Onboarding Packs: Built for a Group, Not a Single Photo

Putting together an onboarding pack looks like the easy part of a new hire's first week - a hoodie, a notebook, a mug, maybe a card, done in an afternoon. What's harder to see up front is that one set of choices, made once, has to work for every new hire who opens that box afterward, not just the one person pictured in someone's head while making the selection.
This piece is about what actually belongs in the box. The process of running onboarding packs as an ongoing operation - stakeholder sign-off, stock management, reorders - is covered in more depth in a separate piece, linked further down for anyone who needs that side of it.
A pack is chosen once, used by everyone after
Onboarding packs get selected once and then used, unchanged, by a genuinely wide range of new hires over time - different roles, different working styles, sometimes different climates if the company hires across countries. That range is easy to forget while picking items, because the person choosing usually has one type of new hire in mind, not the full spread of people who'll eventually receive the same box.

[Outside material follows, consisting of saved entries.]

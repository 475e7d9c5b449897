-- ===== src/Types/Conversions/Ranges.antt =====
-- The ranges of integer types, and what an implicit conversion does to them:
-- libsolidity/ast/Types.cpp.
use native.Mathlib.Decide.{dec_lt}
use native.Mathlib.Nat.{pow-suc, pow-le-pow_right}
use jules_solidity_pppascal.Common.{
  true, false, suc, ℕ, Bool, ◌≤◌, ◌≡◌, ◌^◌, arith, ◌-◌, refl, ◌<◌, ◌↔◌, subst, sym,
}
use jules_solidity_pppascal.Common.Masks.{pow-pos}
use jules_solidity_pppascal.Types.{negated, min_value, le_int, max_value, eq_bool, integer_type}
use jules_solidity_pppascal.Types.Conversions.{integer_implicit, is_implicitly_convertible_to}

pub pow_mono : (m n : ℕ) → m ≤ n → 2 ^ m ≤ 2 ^ n
pow_mono m n h = pow-le-pow_right {n = 2} (omega arith) h

pub max_value_mono :
    (bits bits' : ℕ) (s : Bool)
    → bits ≤ bits'
    → le_int (max_value bits s) (max_value bits' s) ≡ true
unfolding max_value le_int
max_value_mono bits bits' true h =
    ground (arith, pow_mono (bits - 1) (bits' - 1) (omega (arith, h)))
max_value_mono bits bits' false h = ground (arith, pow_mono bits bits' h)

pub min_value_mono :
    (bits bits' : ℕ) (s : Bool)
    → bits ≤ bits'
    → le_int (min_value bits' s) (min_value bits s) ≡ true
unfolding min_value le_int negated
min_value_mono bits bits' true h =
    ground (arith, pow_mono (bits - 1) (bits' - 1) (omega (arith, h)))
min_value_mono bits bits' false h = refl

pub eq_bool-eq : (s t : Bool) → eq_bool s t ≡ true → s ≡ t
unfolding eq_bool
eq_bool-eq s t h = ground arith

pub eq_bool_self : (s : Bool) → eq_bool s s ≡ true
unfolding eq_bool
eq_bool_self true = refl
eq_bool_self false = refl

pub integer_step :
    (b₁ b₂ : ℕ) (s₁ s₂ : Bool)
    → integer_implicit b₁ s₁ (integer_type b₂ s₂) ≡ true
    → (b₁ ≤ b₂) × (s₁ ≡ s₂)
unfolding integer_implicit
integer_step b₁ b₂ s₁ s₂ h = (ground arith, eq_bool-eq s₁ s₂ (ground arith))

integer_wider : (a b : ℕ) (s : Bool) → a ≤ b → integer_implicit a s (integer_type b s) ≡ true
unfolding integer_implicit
integer_wider a b s h = ground (arith, eq_bool_self s)

pow-lt : (m n : ℕ) → m < n → 2 ^ m < 2 ^ n
pow-lt m n h = omega (arith, pow_mono (suc m) n h, pow-suc 2 m, pow-pos m)

-- A wider range has more bits.
max_value-le :
    (a b : ℕ) (s : Bool) → 0 < a → 0 < b → le_int (max_value a s) (max_value b s) ≡ true → a ≤ b
unfolding max_value le_int
max_value-le a b true p q h = elim (dec_lt b a) [
  | no above ↦ omega (arith, above)
  | yes below ↦
      absurd
        (ground (arith, pow-lt (b - 1) (a - 1) (omega (arith, below, p, q)), pow-pos (b - 1), h))
]
max_value-le a b false p q h = elim (dec_lt b a) [
  | no above ↦ omega (arith, above)
  | yes below ↦ absurd (ground (arith, pow-lt b a below, pow-pos b, h))
]

-- An integer type converts to another exactly when both are signed or both are not, and all its
-- values are values of the other. Both have bits.
pub integer_implicit-range :
    (a b : ℕ) (s t : Bool)
    → 0 < a
    → 0 < b
    → (is_implicitly_convertible_to (integer_type a s) (integer_type b t) ≡ true) ↔ (
        (s ≡ t)
        × (le_int (min_value b t) (min_value a s) ≡ true)
        × (le_int (max_value a s) (max_value b t) ≡ true))
unfolding is_implicitly_convertible_to integer_implicit
integer_implicit-range a b s t p q = (
  λ h.
      (let (wider, same) = integer_step a b s t h in
        subst
          (λ u.
            (s ≡ u)
            × (le_int (min_value b u) (min_value a s) ≡ true)
            × (le_int (max_value a s) (max_value b u) ≡ true))
          same (refl, min_value_mono a b s wider, max_value_mono a b s wider)),
  λ (same, _, wide).
      subst (λ u. integer_implicit a s (integer_type b u) ≡ true) same
        (integer_wider a b s (
          max_value-le a b s p q
            (subst (λ u. le_int (max_value a s) (max_value b u) ≡ true) (sym same) wide))),
)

Most onboarding packs get built around what looks good in a single flat-lay photo - the kind of image that sells well internally when a few options are being compared. But the photo test and the "will this actually get used" test are not the same test, and a pack that passes the first one doesn't automatically pass the second.
Where it actually breaks down
An item that reads as universal in the planning stage often actually skews toward one type of role or person without anyone noticing. A fitted hoodie photographs well and works fine for an office-based team, but lands differently for someone in a warehouse or field role who wouldn't wear it day to day. The same pack, unchanged, doesn't serve both groups equally well - it just looks like it does from a single sample photo.
A missing sizing plan turns apparel into a reorder scramble the moment the actual range of new hires doesn't match whatever size assumption the original pack was built around. And a pack designed around one climate or working style - built and photographed for an office-based, temperate-climate team - often ships unchanged to a remote hire in a different country or a genuinely different kind of role, with nobody revisiting whether it still makes sense there.
Take a fairly ordinary case: an onboarding pack built and photographed around a company's original office-based team. It looks good, everyone signs off, and it becomes the standard pack. A year later, half of new hires are distributed, working from home in a different climate, in roles that don't resemble the original photo shoot. The pack still ships. Usage quietly tells the real story - some items get used daily, others sit in a drawer, and nobody planned for that gap because nobody revisited the pack once it was approved.
Why this is a design-for-range problem, not a taste problem
Nobody responsible for choosing onboarding pack items has bad taste. The individual items are almost always fine on their own - reasonable, well-made, the kind of thing that photographs and sounds good in a planning meeting.
What tends to get skipped is designing the set for the real range of people who'll receive it, not for the one hypothetical new hire pictured while making the choice. The failure isn't visible at launch - it shows up months in, quietly, in what actually gets worn, used, or left untouched, long after the pack was already signed off and locked in.
What actually makes a pack work broadly
The fix isn't more items in the box. It's the right handful of choices that genuinely work across different roles, climates, and working styles, instead of one narrow assumption stretched to cover everyone.
Building in size and variant flexibility from the start avoids discovering the gap at the first reorder, when it's already too late to adjust the pack that's already been approved and communicated internally. And treating the pack as a living selection - revisited as the makeup of new hires actually changes - avoids the trap of a fixed choice made once, in one meeting, and left untouched for years while the workforce it serves keeps changing underneath it.
How SoMerch fits
A curated, in-house catalog spanning categories makes it practical to build a pack from genuinely varied items - apparel, drinkware, tech accessories, stationery - rather than whatever one supplier's range happens to carry. Mockups produced the same day mean a pack selection can be sampled and checked against a real range of use cases before a full batch gets committed, catching a mismatch while it's still one sample, not a signed-off standard.
Multi-address shipping across Europe means the same onboarding pack reaches a distributed hire in a different country exactly the way it reaches someone joining the main office, without a separate adjustment worked out by hand each time. For the operational side of onboarding packs - stakeholder sign-off, ongoing fulfilment, what happens when an item goes out of stock - that ground is covered in full in a companion piece on building a repeatable process. This piece is about what belongs in the box; that one is about running it as a program. Both connect back to the broader corporate gifts for employees problem: onboarding packs are usually the first and most visible instance of the same consistency question that shows up across every recurring employee moment.
Closing
Onboarding packs aren't hard to assemble once. They're hard to get right for every new hire who'll ever open one, across roles, climates, and working styles that rarely match the single photo the pack was built around - which is a design problem, not a shopping list, and it's worth treating as one from the first version rather than the third reorder.